• WORK INSTRUCTIONS: Nothing but the lines from the one containing "unfolding Total.poll_frame Read.poll_frame" through the one containing "size_hint (combined_timeout b)", both included, should be given again, each exactly as written below.

BEGIN

-- ===== src/Timeout.antt =====
-- The timeouts on a request of src/client/layer/timeout.rs, timeout/future.rs and timeout/body.rs.
-- Instants and durations are natural numbers; a poll is given the instant of the call.
pub mod Timer
pub mod Connect
pub mod Polls
pub mod Total
pub mod Read
pub mod Body
pub mod Response
pub mod Reading
pub mod Deadlines
pub mod Covering
mod Tests
use wreq.Base.{ℕ, Option, none, some}
use wreq.Config.{RequestConfig, Extensions, fetch, or}

pub record TimeoutOptions : Type 0 where
  pub read_timeout : Option ℕ
  pub total_timeout : Option ℕ

-- The total timeout and the read timeout of a request.
unfoldable pub fetch_timeout_options :
    (X : Extensions (RequestConfig TimeoutOptions))
    → RequestConfig TimeoutOptions
    → X.Ext
    → Option ℕ × Option ℕ
unfolding fetch
fetch_timeout_options X opts extensions = elim opts.value [
  | some o ↦ elim (fetch X opts extensions) [
    | some r ↦ (or r.total_timeout o.total_timeout, or r.read_timeout o.read_timeout)
    | none ↦ (o.total_timeout, o.read_timeout)
  ]
  | none ↦ elim (fetch X opts extensions) [
    | some o ↦ (o.total_timeout, o.read_timeout)
    | none ↦ (none, none)
  ]
]
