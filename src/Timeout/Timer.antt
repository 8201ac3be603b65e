-- ===== src/Timeout/Timer.antt =====
-- The timer, the HTTP body and the response future that src/client/layer/timeout/body.rs and
-- timeout/future.rs are given, and the errors that they make.
use wreq.Base.{ℕ, ◌+◌, ◌≤◌, ◌≡◌, Bool, true, Option, none, some}
use wreq.Base.Results.{Result, Poll, ok, err, waiting, ready}

-- `netty::rt::Timer` and its sleeps. A sleep is ready no earlier than its deadline, and is ready
-- when it is polled at least `slack` later.
pub record Timer : Type 1 where
  pub Sleep : Type 0
  pub sleep : ℕ → ℕ → Sleep
  pub sleep_until : ℕ → Sleep
  pub reset : Sleep → ℕ → Sleep
  pub is_ready : ℕ → Sleep → Bool
  pub deadline : Sleep → ℕ
  pub slack : ℕ
  pub deadline-sleep : (now d : ℕ) → deadline (sleep now d) ≡ now + d
  pub deadline-sleep_until : (t : ℕ) → deadline (sleep_until t) ≡ t
  pub deadline-reset : (s : Sleep) (t : ℕ) → deadline (reset s t) ≡ t
  pub not_early : (now : ℕ) (s : Sleep) → is_ready now s ≡ true → deadline s ≤ now
  pub not_late : (now : ℕ) (s : Sleep) → deadline s + slack ≤ now → is_ready now s ≡ true

-- The boxed errors: `Error::body(TimedOut)`, `Error::request(TimedOut)`, `Error::decode` and an
-- error of the inner body or service.
pub data Failure (E : Type 0) : Type 0 where
  body_timed_out request_timed_out : Failure E
  decode : Failure E → Failure E
  raw : E → Failure E

-- What a poll of a body answers.
abbrev pub Frame : Type 0 → Type 0 → Type 0
Frame X D = Poll (Option (Result X D))

abbrev pub map_frame : {X Y D : Type 0} → (X → Y) → Frame X D → Frame Y D
map_frame f waiting = waiting
map_frame f (ready none) = ready none
map_frame f (ready (some (ok d))) = ready (some (ok d))
map_frame f (ready (some (err x))) = ready (some (err (f x)))

-- `http_body::Body`.
pub record HttpBody (D E : Type 0) : Type 1 where
  pub Body : Type 0
  pub poll_frame : ℕ → Body → Frame E D × Body
  pub size_hint : Body → ℕ × Option ℕ
  pub is_end_stream : Body → Bool
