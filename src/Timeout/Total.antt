-- ===== src/Timeout/Total.antt =====
-- `TotalTimeoutBody` of src/client/layer/timeout/body.rs.
use wreq.Base.{ℕ, some, if◌then◌else◌}
use wreq.Base.Results.{err, ready}
use wreq.Timeout.Timer.{Timer, Failure, body_timed_out, decode, Frame, map_frame}

pub record TotalTimeoutBody (B S : Type 0) : Type 0 where
  pub body : B
  pub timeout : S

-- `poll_and_map_body`, for a body with a poll and an embedding of its errors.
unfoldable pub poll_and_map_body :
    {B X D E : Type 0} → (ℕ → B → Frame X D × B) → (X → Failure E) → ℕ → B → Frame (Failure E) D × B
poll_and_map_body poll into now b =
    let (frame, b') = poll now b in (map_frame (λ x. decode (into x)) frame, b')

module _ {B X D E : Type 0} (T : Timer) (poll : ℕ → B → Frame X D × B) (into : X → Failure E) where
  -- `TotalTimeoutBody::poll_frame`
  unfoldable pub poll_frame :
      ℕ → TotalTimeoutBody B T.Sleep → Frame (Failure E) D × TotalTimeoutBody B T.Sleep
  unfolding poll_and_map_body
  poll_frame now b =
      let polled = poll_and_map_body poll into now b.body in
      if T.is_ready now b.timeout
      then (ready (some (err body_timed_out)), b)
      else (polled.0, record b { body = polled.1 })
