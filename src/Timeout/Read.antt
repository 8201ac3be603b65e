-- ===== src/Timeout/Read.antt =====
-- `ReadTimeoutBody` of src/client/layer/timeout/body.rs.
use wreq.Base.{ℕ, ◌+◌, Bool, true, false, Option, none, some, if◌then◌else◌}
use wreq.Base.Results.{err, waiting, ready}
use wreq.Timeout.Timer.{Timer, Failure, body_timed_out, Frame, map_frame}

pub record ReadTimeoutBody (B S : Type 0) : Type 0 where
  pub body : B
  pub sleep : Option S
  pub armed : Bool
  pub timeout : ℕ

-- A read timeout that no poll has armed.
abbrev pub disarmed : {B S : Type 0} → B → ℕ → ReadTimeoutBody B S
disarmed b timeout = record { body = b; sleep = none; armed = false; timeout = timeout }

module _ {B X D E : Type 0} (T : Timer) (poll : ℕ → B → Frame X D × B) (into : X → Failure E) where
  unfoldable pub arm : ℕ → ReadTimeoutBody B T.Sleep → ReadTimeoutBody B T.Sleep
  arm now b = if b.armed then b else record b {
    sleep = some (elim b.sleep [
      | some s ↦ T.reset s (now + b.timeout)
      | none ↦ T.sleep_until (now + b.timeout)
    ]);
    armed = true;
  }

  unfoldable pub expired : ℕ → ReadTimeoutBody B T.Sleep → Bool
  expired now b = elim b.sleep [ some s ↦ T.is_ready now s | none ↦ false ]

  -- A completed frame poll disarms the deadline.
  unfoldable pub finish :
      Frame X D → ReadTimeoutBody B T.Sleep → Frame (Failure E) D × ReadTimeoutBody B T.Sleep
  finish waiting b = (waiting, b)
  finish (ready frame) b = (map_frame into (ready frame), record b { armed = false })

  -- `ReadTimeoutBody::poll_frame`
  unfoldable pub poll_frame :
      ℕ → ReadTimeoutBody B T.Sleep → Frame (Failure E) D × ReadTimeoutBody B T.Sleep
  unfolding arm expired finish
  poll_frame now b =
      let b' = arm now b in
      let (frame, body) = poll now b'.body in
      if expired now b'
      then (ready (some (err body_timed_out)), b')
      else finish frame (record b' { body = body })
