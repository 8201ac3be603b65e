-- ===== src/Timeout/Body.antt =====
-- `TimeoutBody` of src/client/layer/timeout/body.rs.
use wreq.Base.{ℕ, Bool, Option, none, some}
use wreq.Timeout.Timer.{Timer, HttpBody, Failure, raw, Frame}
use wreq.Timeout.Total
use wreq.Timeout.Total.{TotalTimeoutBody, poll_and_map_body}
use wreq.Timeout.Read
use wreq.Timeout.Read.{ReadTimeoutBody, disarmed}

pub data TimeoutBody (B S : Type 0) : Type 0 where
  plain : B → TimeoutBody B S
  total_timeout : TotalTimeoutBody B S → TimeoutBody B S
  read_timeout : ReadTimeoutBody B S → TimeoutBody B S
  combined_timeout : TotalTimeoutBody (ReadTimeoutBody B S) S → TimeoutBody B S

module _ {B S : Type 0} where
  -- `TimeoutBody::new`; the total timeout comes as the sleep that already runs.
  unfoldable pub new : B → Option ℕ → Option S → TimeoutBody B S
  new b (some read) (some total) =
      combined_timeout (record { body = disarmed b read; timeout = total })
  new b none (some total) = total_timeout (record { body = b; timeout = total })
  new b (some read) none = read_timeout (disarmed b read)
  new b none none = plain b

module _ {D E : Type 0} (T : Timer) (H : HttpBody D E) where
  -- `TimeoutBody::poll_frame`
  unfoldable pub poll_frame :
      ℕ → TimeoutBody H.Body T.Sleep → Frame (Failure E) D × TimeoutBody H.Body T.Sleep
  unfolding Total.poll_frame Read.poll_frame poll_and_map_body
  poll_frame now (total_timeout b) =
      let (frame, b') = Total.poll_frame T H.poll_frame raw now b in (frame, total_timeout b')
  poll_frame now (read_timeout b) =
      let (frame, b') = Read.poll_frame T H.poll_frame raw now b in (frame, read_timeout b')
  poll_frame now (combined_timeout b) =
      let (frame, b') = Total.poll_frame T (Read.poll_frame T H.poll_frame raw) (λ x. x) now b in
      (frame, combined_timeout b')
  poll_frame now (plain b) =
      let (frame, b') = poll_and_map_body H.poll_frame raw now b in (frame, plain b')

  unfoldable pub size_hint : TimeoutBody H.Body T.Sleep → ℕ × Option ℕ
  size_hint (total_timeout b) = H.size_hint b.body
  size_hint (read_timeout b) = H.size_hint b.body
  size_hint (combined_timeout b) = H.size_hint b.body.body
  size_hint (plain b) = H.size_hint b

  unfoldable pub is_end_stream : TimeoutBody H.Body T.Sleep → Bool
  is_end_stream (total_timeout b) = H.is_end_stream b.body
  is_end_stream (read_timeout b) = H.is_end_stream b.body
  is_end_stream (combined_timeout b) = H.is_end_stream b.body.body
  is_end_stream (plain b) = H.is_end_stream b
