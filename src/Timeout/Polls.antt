-- ===== src/Timeout/Polls.antt =====
-- Histories of polls of the futures and bodies of src/client/layer/timeout.
use wreq.Base.{ℕ, Bool, true, false, ◌&&◌, List, [], ◌∷◌}
use wreq.Base.Results.{Poll, waiting, ready}

abbrev pub is_waiting : {A : Type 0} → Poll A → Bool
is_waiting waiting = true
is_waiting (ready f) = false

-- The answers of a body that is polled at these instants.
abbrev pub polls : {B F : Type 0} → (ℕ → B → F × B) → B → List ℕ → List F
polls poll b [] = []
polls poll b (t ∷ ts) = (poll t b).0 ∷ polls poll (poll t b).1 ts

abbrev pub after : {B F : Type 0} → (ℕ → B → F × B) → B → List ℕ → B
after poll b [] = b
after poll b (t ∷ ts) = after poll (poll t b).1 ts

abbrev pub all_waiting : {A : Type 0} → List (Poll A) → Bool
all_waiting [] = true
all_waiting (f ∷ fs) = is_waiting f && all_waiting fs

END

• ANSWER BOX:
  unfolding Total.poll_frame Read.poll_frame poll_and_map_body
  poll_frame now (total_timeout b) =
      let (frame, b') = Total.poll_frame T H.poll_frame raw now b in (frame, total_timeout b')
  poll_frame now (read_timeout b) =
      let (frame, b') = Read.poll_frame T H.poll_frame raw now b in (frame, read_timeout b')
  poll_frame now (combined_timeout b) =
      let (frame, b') = Total.poll_frame T (Read.poll_frame T H.poll_frame raw) (λ x. x) now b in
      (frame, combined_timeout b')
  poll_frame now (plain b) =
      let (frame, b') = poll_and_map_body H.poll_frame raw now b in (frame, plain b')

  unfoldable pub size_hint : TimeoutBody H.Body T.Sleep → ℕ × Option ℕ
  size_hint (total_timeout b) = H.size_hint b.body
  size_hint (read_timeout b) = H.size_hint b.body
  size_hint (combined_timeout b) = H.size_hint b.body.body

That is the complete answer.